The game that started it all comes in near the bottom of my list. While it is undoubtedly a classic, the first Crash Bandicoot suffers from a lot of issues common in first entries. For one, the game lacks any sort of traditional saving features. Instead of being able to save after every level, the player can only save their game after completing bonus rounds, defeating bosses, or obtaining rare collectibles.

Beyond these annoyances, the game’s level design isn’t nearly as varied as later entries in the series, and is painfully difficult and unforgiving. The latter isn’t necessarily a bad thing, depending on who you are. If you love a good challenge, then Crash Bandicoot is definitely worth giving a try. But don’t come whining to us after you break your controller out of frustration.

11. Jak & Daxter: The Precursor Legacy

So I know that I’m in the minority here, but I prefer the first Jak and Daxter game to the sequels. Maybe it’s because it was one of the first games I ever played on the Playstation 2, but the first Jak game really struck a balance that just sort of worked.

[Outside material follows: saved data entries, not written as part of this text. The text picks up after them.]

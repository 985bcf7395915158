-- ===== src/RfTask/Reports/History.antt =====
-- Histories of the key reports of firmware/src/rf_task.c, and what the module owes the dongle in
-- them.
use open_controller.Prelude.{
  ℕ, ◌-◌, ◌^◌, ◌≤◌, ◌<◌, ◌≡◌, ◌≢◌, Bool, true, false, Option, none, some, List, [], ◌∷◌, ◌++◌, leb,
  if◌then◌else◌, length, replace_last, ring_contents, IsRingSize, sub8, arith,
}
use open_controller.RfTask.Reports.{
  Reports, slots, no_report, task_init, same_bytes, low_bit_differs, queue_hid_report, on_poll,
  response, do_response_tx, discard_hid_queue, on_disconnect, disconnect, enter_connected,
}

pub slots-IsRingSize : IsRingSize slots
slots-IsRingSize = record {
  apart = λ i n h k. omega arith;
  wraps = λ i. omega arith;
  bounded = λ i. omega arith;
  below = omega arith;
}

-- The reports queued, the oldest first.
unfoldable pub contents : Reports → List (List ℕ)
contents s = ring_contents slots slots-IsRingSize no_report s.fifo s.head s.tail

-- The module's state beside what an observer of its calls and frames knows: the reports handed
-- over and taken, those gone because the dongle has confirmed them or because they were
-- discarded, the newest one that still describes the host, and the one in the air.
pub record Session : Type 0 where
  pub rf : Reports
  pub log : List (List ℕ)
  pub gone : List (List ℕ)
  pub newest : Option (List ℕ)
  pub on_air : Option (List ℕ)

abbrev pub initial : Session
initial = record { rf = task_init; log = []; gone = []; newest = none; on_air = none }

-- A report handed over, a poll with its control byte, a response and whether its transmission
-- starts, and the calls that end or begin a session.
pub data Event : Type 0 where
  queued : List ℕ → Event
  polled : ℕ → Event
  responded : Bool → Event
  discarded : Event
  timed_out : Event
  disconnected : Event
  connected : Event

unfoldable pub is_newest : Option (List ℕ) → List ℕ → Bool
is_newest none r = false
is_newest (some n) r = same_bytes n r

-- The reports taken once one more has come: with sixteen unconfirmed it replaces the newest.
unfoldable pub taken : List (List ℕ) → List (List ℕ) → List ℕ → List (List ℕ)
taken log gone r =
    if leb slots (length log - length gone) then replace_last log r else log ++ r ∷ []

unfoldable pub to_list : Option (List ℕ) → List (List ℕ)
to_list none = []
to_list (some r) = r ∷ []

-- The report that a frame carries, or else what was in the air before.
unfoldable pub carried : List ℕ → Option (List ℕ) → Option (List ℕ)
carried [] before = before
carried (ctrl ∷ []) before = before
carried (ctrl ∷ tag ∷ report) before = some report

unfoldable pub apply : Session → Event → Session
apply s (queued r) =
    if is_newest s.newest r
    then record s { rf = queue_hid_report s.rf r }
    else record s { rf = queue_hid_report s.rf r; newest = some r; log = taken s.log s.gone r }
apply s (polled rx_ctrl) =
    if low_bit_differs rx_ctrl s.rf.tx_ctrl
    then record s { rf = on_poll s.rf rx_ctrl; gone = s.gone ++ to_list s.on_air; on_air = none }
    else record s { rf = on_poll s.rf rx_ctrl }
apply s (responded started) = record s {
  rf = do_response_tx s.rf started;
  on_air = if started then carried (response s.rf s.rf.tx_ctrl) s.on_air else s.on_air;
}
apply s discarded = record s { rf = discard_hid_queue s.rf; gone = s.log; on_air = none }
apply s timed_out = record s { rf = on_disconnect s.rf; newest = none; on_air = none }
apply s disconnected = record s { rf = disconnect s.rf; newest = none }
apply s connected = record s { rf = enter_connected s.rf; on_air = none }

unfoldable pub run : Session → List Event → Session
run s [] = s
run s (e ∷ es) = run (apply s e) es

unfoldable pub first : List (List ℕ) → Option (List ℕ)
first [] = none
first (r ∷ rs) = some r

unfoldable pub EndsIn : List (List ℕ) → List ℕ → Type 0
EndsIn rs r = (before : List (List ℕ)) × (rs ≡ before ++ r ∷ [])

-- Nothing taken is lost, repeated or overtaken; the newest report that still describes the host is
-- the last one taken; and a report that the next confirmation retires is the one in the air.
pub record IsFaithful (s : Session) : Type 0 where
  pub head_lt : s.rf.head < 2 ^ 8
  pub tail_lt : s.rf.tail < 2 ^ 8
  pub fill : sub8 s.rf.tail s.rf.head ≤ slots
  pub size : length s.rf.fifo ≡ slots
  pub order : s.gone ++ contents s.rf ≡ s.log
  pub newest_lem : s.newest ≡ (if s.rf.last_queued_valid then some s.rf.last_queued else none)
  pub last_lem : (r : List ℕ) → s.newest ≡ some r → (rs : List (List ℕ)) × (s.log ≡ rs ++ r ∷ [])
  pub air_lem : s.on_air ≡ (if s.rf.head_sent then first (contents s.rf) else none)
  pub sent_lem : s.rf.head_sent ≡ true → s.rf.head ≢ s.rf.tail
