-- ===== src/RfTask/Reports/Order.antt =====
-- The key reports of firmware/src/rf_task.c stay in order, and the newest is never lost.
use open_controller.Prelude.{
  ℕ, ◌+◌, ◌%◌, ◌^◌, ◌<◌, ◌≡◌, ◌≢◌, refl, sym, ap, ◌∙◌, inl, inr, Bool, true, false, [], ◌∷◌, ◌++◌,
  append-nil, append_assoc, ◌==◌, Bool-cases, length, ring_window, ring_contents,
  length-ring_contents, ring_contents-pop, get_or, u8, sub8, arith,
}
use open_controller.RfTask.Reports.{
  Reports, slots, no_report, low_bit_differs, on_poll, response, do_response_tx, discard_hid_queue,
  on_disconnect, disconnect, enter_connected,
}
use open_controller.RfTask.Reports.History.{
  slots-IsRingSize, contents, Session, polled, responded, discarded, timed_out, disconnected,
  connected, to_list, carried, apply, first, IsFaithful,
}

pub contents-empty : (r : Reports) → r.head ≡ r.tail → contents r ≡ []
unfolding contents ring_contents ring_window
contents-empty r e =
    let k : sub8 r.tail r.head ≡ 0 = omega arith in
    ap (ring_window slots slots-IsRingSize no_report r.fifo r.head) k

pub contents-first :
    (r : Reports)
    → r.head < 2 ^ 8
    → r.tail < 2 ^ 8
    → r.head ≢ r.tail
    → contents r
      ≡ get_or r.fifo (r.head % slots) no_report ∷ contents (record r { head = u8 (r.head + 1) })
unfolding contents
contents-first r f t h =
    ring_contents-pop slots slots-IsRingSize no_report r.fifo r.head r.tail f t h

pub contents-nonempty :
    (r : Reports) → r.head < 2 ^ 8 → r.tail < 2 ^ 8 → r.head ≢ r.tail → contents r ≢ []
unfolding contents
contents-nonempty r f t h = λ z. omega (
  arith,
  h,
  ap length z,
  length-ring_contents slots slots-IsRingSize no_report r.fifo r.head r.tail,
)

module _ (s : Session) (c : IsFaithful s) where
  pub discarded-IsFaithful : IsFaithful (apply s discarded)
  unfolding apply discard_hid_queue contents ring_contents ring_window
  discarded-IsFaithful = record {
    head_lt = c.tail_lt;
    tail_lt = c.tail_lt;
    fill = omega arith;
    size = c.size;
    order =
        ap (λ rs. s.log ++ rs) (contents-empty (discard_hid_queue s.rf) refl) ∙ append-nil s.log;
    newest_lem = c.newest_lem;
    last_lem = c.last_lem;
    air_lem = refl;
    sent_lem = λ e. absurd (ground arith);
  }

  pub timed_out-IsFaithful : IsFaithful (apply s timed_out)
  unfolding apply on_disconnect contents
  timed_out-IsFaithful = record {
    head_lt = c.head_lt;
    tail_lt = c.tail_lt;
    fill = c.fill;
    size = c.size;
    order = c.order;
    newest_lem = refl;
    last_lem = λ r e. absurd (ground arith);
    air_lem = refl;
    sent_lem = λ e. absurd (ground arith);
  }

  pub disconnected-IsFaithful : IsFaithful (apply s disconnected)
  unfolding apply disconnect contents
  disconnected-IsFaithful = record {
    head_lt = c.head_lt;
    tail_lt = c.tail_lt;
    fill = c.fill;
    size = c.size;
    order = c.order;
    newest_lem = refl;
    last_lem = λ r e. absurd (ground arith);
    air_lem = c.air_lem;
    sent_lem = c.sent_lem;
  }

  pub connected-IsFaithful : IsFaithful (apply s connected)
  unfolding apply enter_connected contents
  connected-IsFaithful = record {
    head_lt = c.head_lt;
    tail_lt = c.tail_lt;
    fill = c.fill;
    size = c.size;
    order = c.order;
    newest_lem = c.newest_lem;
    last_lem = c.last_lem;
    air_lem = refl;
    sent_lem = λ e. absurd (ground arith);
  }

  pub responded-IsFaithful : (started : Bool) → IsFaithful (apply s (responded started))
  unfolding apply do_response_tx response carried contents first
  responded-IsFaithful false = c
  responded-IsFaithful true = elim (Bool-cases (sub8 s.rf.tail s.rf.head == 0)) [
    | inl e ↦ rw e c
    | inr e ↦
        let h : s.rf.head ≢ s.rf.tail = λ k. ground arith in
        rw e (record {
          head_lt = c.head_lt;
          tail_lt = c.tail_lt;
          fill = c.fill;
          size = c.size;
          order = c.order;
          newest_lem = c.newest_lem;
          last_lem = c.last_lem;
          air_lem = sym (ap first (contents-first s.rf c.head_lt c.tail_lt h));
          sent_lem = λ k. h;
        })
  ]

-- The dongle's control bit has advanced, with or without a report in the air.
advanced-IsFaithful :
    (s : Session) (sent : Bool) (rx_ctrl : ℕ)
    → IsFaithful (record s { rf = record s.rf { head_sent = sent } })
    → low_bit_differs rx_ctrl s.rf.tx_ctrl ≡ true
    → IsFaithful (apply (record s { rf = record s.rf { head_sent = sent } }) (polled rx_ctrl))
unfolding apply on_poll contents to_list first
advanced-IsFaithful s false rx_ctrl c e = rw e (record {
  head_lt = c.head_lt;
  tail_lt = c.tail_lt;
  fill = c.fill;
  size = c.size;
  order =
      ap (λ o. (s.gone ++ to_list o) ++ contents s.rf) c.air_lem
      ∙ ap (λ rs. rs ++ contents s.rf) (append-nil s.gone)
      ∙ c.order;
  newest_lem = c.newest_lem;
  last_lem = c.last_lem;
  air_lem = refl;
  sent_lem = λ k. absurd (ground arith);
})
advanced-IsFaithful s true rx_ctrl c e =
    let h : s.rf.head ≢ s.rf.tail = c.sent_lem refl in
    let k : (s.rf.tail == s.rf.head) ≡ false = ground arith in
    let pop = contents-first s.rf c.head_lt c.tail_lt h in
    let x = get_or s.rf.fifo (s.rf.head % slots) no_report in
    let rest = contents (record s.rf { head = u8 (s.rf.head + 1) }) in
    rw (e, k)
      (record {
        head_lt = omega arith;
        tail_lt = c.tail_lt;
        fill = omega (arith, h, c.head_lt, c.tail_lt, c.fill);
        size = c.size;
        order =
            ap (λ o. (s.gone ++ to_list o) ++ rest) (c.air_lem ∙ ap first pop)
            ∙ append_assoc s.gone (x ∷ []) rest
            ∙ ap (λ rs. s.gone ++ rs) (sym pop)
            ∙ c.order;
        newest_lem = c.newest_lem;
        last_lem = c.last_lem;
        air_lem = refl;
        sent_lem = λ k. absurd (ground arith);
      })

pub polled-IsFaithful :
    (s : Session) (rx_ctrl : ℕ) → IsFaithful s → IsFaithful (apply s (polled rx_ctrl))
unfolding apply on_poll
polled-IsFaithful s rx_ctrl c = elim (Bool-cases (low_bit_differs rx_ctrl s.rf.tx_ctrl)) [
  | inl e ↦ advanced-IsFaithful s s.rf.head_sent rx_ctrl c e
  | inr e ↦ rw e c
]
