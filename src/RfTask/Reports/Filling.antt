-- ===== src/RfTask/Reports/Filling.antt =====
-- `RF_QueueHIDReport` of firmware/src/rf_task.c keeps the key reports in order, and the newest last.
use open_controller.Prelude.{
  ℕ, suc, ◌-◌, ◌%◌, ◌≤◌, ◌<◌, ◌≡◌, refl, sym, ap, ◌∙◌, inl, inr, Bool, true, false, not, ◌||◌,
  Option, none, some, List, [], ◌∷◌, ◌++◌, append_assoc, ltb, ltb→lt, leb, if◌then◌else◌,
  Bool-cases, length, length-append, length-set, take, replace_last, length-ring_contents,
  ring_contents-push, ring_contents-replace, sub8, arith,
}
use open_controller.RfTask.Reports.{slots, no_report, same_bytes, changed, queue_hid_report}
use open_controller.RfTask.Reports.History.{
  slots-IsRingSize, contents, Session, queued, is_newest, taken, apply, first, IsFaithful,
}

replace_last-cons :
    (x y : List ℕ) (ys : List (List ℕ)) (r : List ℕ)
    → replace_last (x ∷ y ∷ ys) r ≡ x ∷ replace_last (y ∷ ys) r
unfolding replace_last
replace_last-cons x y ys r =
    let e : suc (suc (length ys)) - 1 ≡ suc (suc (length ys) - 1) = omega arith in
    ap (λ n. take n (x ∷ y ∷ ys) ++ r ∷ []) e

replace_last-append :
    (xs ys : List (List ℕ)) (y r : List ℕ)
    → replace_last (xs ++ y ∷ ys) r ≡ xs ++ replace_last (y ∷ ys) r
replace_last-append [] ys y r = refl
replace_last-append (x ∷ []) ys y r = replace_last-cons x y ys r
replace_last-append (x ∷ x' ∷ xs) ys y r =
    replace_last-cons x x' (xs ++ y ∷ ys) r
    ∙ ap (λ rs. x ∷ rs) (replace_last-append (x' ∷ xs) ys y r)

not-not : (b : Bool) → b ≡ not (not b)
not-not true = refl
not-not false = refl

is_newest-changed :
    (valid : Bool) (last r : List ℕ)
    → is_newest (if valid then some last else none) r ≡ not (not valid || not (same_bytes last r))
unfolding is_newest
is_newest-changed true last r = not-not (same_bytes last r)
is_newest-changed false last r = refl

newest-changed :
    (s : Session) (r : List ℕ) → IsFaithful s → is_newest s.newest r ≡ not (changed s.rf r)
unfolding changed
newest-changed s r c =
    ap (λ o. is_newest o r) c.newest_lem
    ∙ is_newest-changed s.rf.last_queued_valid s.rf.last_queued r

-- A change behind the first report leaves the first.
first-append : (xs ys : List (List ℕ)) (h : 0 < length xs) → first (xs ++ ys) ≡ first xs
unfolding first
first-append [] ys h = absurd (omega arith)
first-append (x ∷ xs) ys h = refl

first-replace_last :
    (xs : List (List ℕ)) (r : List ℕ) → 1 < length xs → first (replace_last xs r) ≡ first xs
unfolding first replace_last
first-replace_last [] r h = absurd (omega arith)
first-replace_last (x ∷ []) r h = absurd (omega arith)
first-replace_last (x ∷ y ∷ xs) r h =
    let e : suc (suc (length xs)) - 1 ≡ suc (length xs) = omega arith in
    ap (λ n. first (take n (x ∷ y ∷ xs) ++ r ∷ [])) e

append-replace_last :
    (xs ys : List (List ℕ)) (r : List ℕ)
    → 0 < length ys
    → xs ++ replace_last ys r ≡ replace_last (xs ++ ys) r
append-replace_last xs [] r h = absurd (omega arith)
append-replace_last xs (y ∷ ys) r h = sym (replace_last-append xs ys y r)

if-agree :
    {A : Type 0} (b : Bool) (x y : Option A)
    → (b ≡ true → x ≡ y)
    → (if b then x else none) ≡ (if b then y else none)
if-agree true x y h = h refl
if-agree false x y h = refl

value : List ℕ → Option (List ℕ) → List ℕ
value d none = d
value d (some x) = x

some-injective : (x y : List ℕ) → some x ≡ some y → x ≡ y
unfolding value
some-injective x y e = ap (value x) e

-- A report that differs from the newest goes behind the others, or replaces it when there is no
-- room.
changed-IsFaithful :
    (s : Session) (r : List ℕ)
    → IsFaithful s
    → changed s.rf r ≡ true
    → is_newest s.newest r ≡ false
    → IsFaithful (apply s (queued r))
unfolding apply queue_hid_report taken contents replace_last
changed-IsFaithful s r c e n =
    let len = length-ring_contents slots slots-IsRingSize no_report s.rf.fifo s.rf.head s.rf.tail in
    let f = c.head_lt in
    let t = c.tail_lt in
    let k : length s.log - length s.gone ≡ sub8 s.rf.tail s.rf.head =
      omega (arith, ap length c.order, length-append s.gone (contents s.rf), len) in
    elim (Bool-cases (ltb (sub8 s.rf.tail s.rf.head) slots)) [
      | inl l ↦
          let push =
            ring_contents-push slots slots-IsRingSize no_report s.rf.fifo s.rf.head s.rf.tail f t r
              c.size (ltb→lt _ _ l) in
          let m : leb slots (length s.log - length s.gone) ≡ false = ground arith in
          rw (e, n, l, m)
            (record {
              head_lt = c.head_lt;
              tail_lt = omega arith;
              fill = omega (arith, f, t, ltb→lt _ _ l);
              size = length-set s.rf.fifo (s.rf.tail % slots) r ∙ c.size;
              order =
                  ap (λ rs. s.gone ++ rs) push
                  ∙ sym (append_assoc s.gone (contents s.rf) (r ∷ []))
                  ∙ ap (λ rs. rs ++ r ∷ []) c.order;
              newest_lem = refl;
              last_lem = λ x z. (s.log, ap (λ x. s.log ++ x ∷ []) (some-injective r x z));
              air_lem =
                  c.air_lem
                  ∙ if-agree s.rf.head_sent _ _ (λ b. sym (
                      ap first push
                      ∙ first-append (contents s.rf) (r ∷ [])
                          (omega (arith, len, c.sent_lem b, f, t))));
              sent_lem = λ b. omega (arith, ltb→lt _ _ l, f, t);
            })
      | inr l ↦
          let full : slots ≤ sub8 s.rf.tail s.rf.head = ground arith in
          let replace =
            ring_contents-replace slots slots-IsRingSize no_report s.rf.fifo s.rf.head s.rf.tail f t
              r c.size (omega (arith, full)) c.fill in
          let m : leb slots (length s.log - length s.gone) ≡ true = ground arith in
          rw (e, n, l, m)
            (record {
              head_lt = c.head_lt;
              tail_lt = c.tail_lt;
              fill = c.fill;
              size = length-set s.rf.fifo (sub8 s.rf.tail 1 % slots) r ∙ c.size;
              order =
                  ap (λ rs. s.gone ++ rs) replace
                  ∙ append-replace_last s.gone (contents s.rf) r (omega (arith, len, full))
                  ∙ ap (λ rs. replace_last rs r) c.order;
              newest_lem = refl;
              last_lem = λ x z. (
                take (length s.log - 1) s.log,
                ap (λ x. replace_last s.log x) (some-injective r x z),
              );
              air_lem =
                  c.air_lem
                  ∙ if-agree s.rf.head_sent _ _ (λ b. sym (
                      ap first replace
                      ∙ first-replace_last (contents s.rf) r (omega (arith, len, full))));
              sent_lem = c.sent_lem;
            })
    ]

unchanged-IsFaithful :
    (s : Session) (r : List ℕ)
    → IsFaithful s
    → changed s.rf r ≡ false
    → is_newest s.newest r ≡ true
    → IsFaithful (apply s (queued r))
unfolding apply queue_hid_report
unchanged-IsFaithful s r c e n = rw (e, n) c

pub queued-IsFaithful : (s : Session) (r : List ℕ) → IsFaithful s → IsFaithful (apply s (queued r))
queued-IsFaithful s r c =
    let agree = newest-changed s r c in
    elim (Bool-cases (changed s.rf r)) [
      | inl e ↦ changed-IsFaithful s r c e (agree ∙ ap not e)
      | inr e ↦ unchanged-IsFaithful s r c e (agree ∙ ap not e)
    ]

Before the sequels decided to switch genres entirely, Jak & Daxter stuck close to the 3D platformer genre, one of my favorite game genres. The game follows the Banjo-Kazooie formula to a T, offering over ten huge levels free to explore, each filled to the brim with collectibles.

With that said, the game feels like a product of its time in many ways, aging worse than its sequels. It’ll always be the one I have the most nostalgia for, but it is admittedly inferior to its sequels.

10. Uncharted: Drake’s Fortune

The Uncharted series has gone through quite the transformation since its first entry in 2007. Though Drake’s Fortune is not a bad game by any means, it certainly has not aged the best when compared to the rest of the franchise.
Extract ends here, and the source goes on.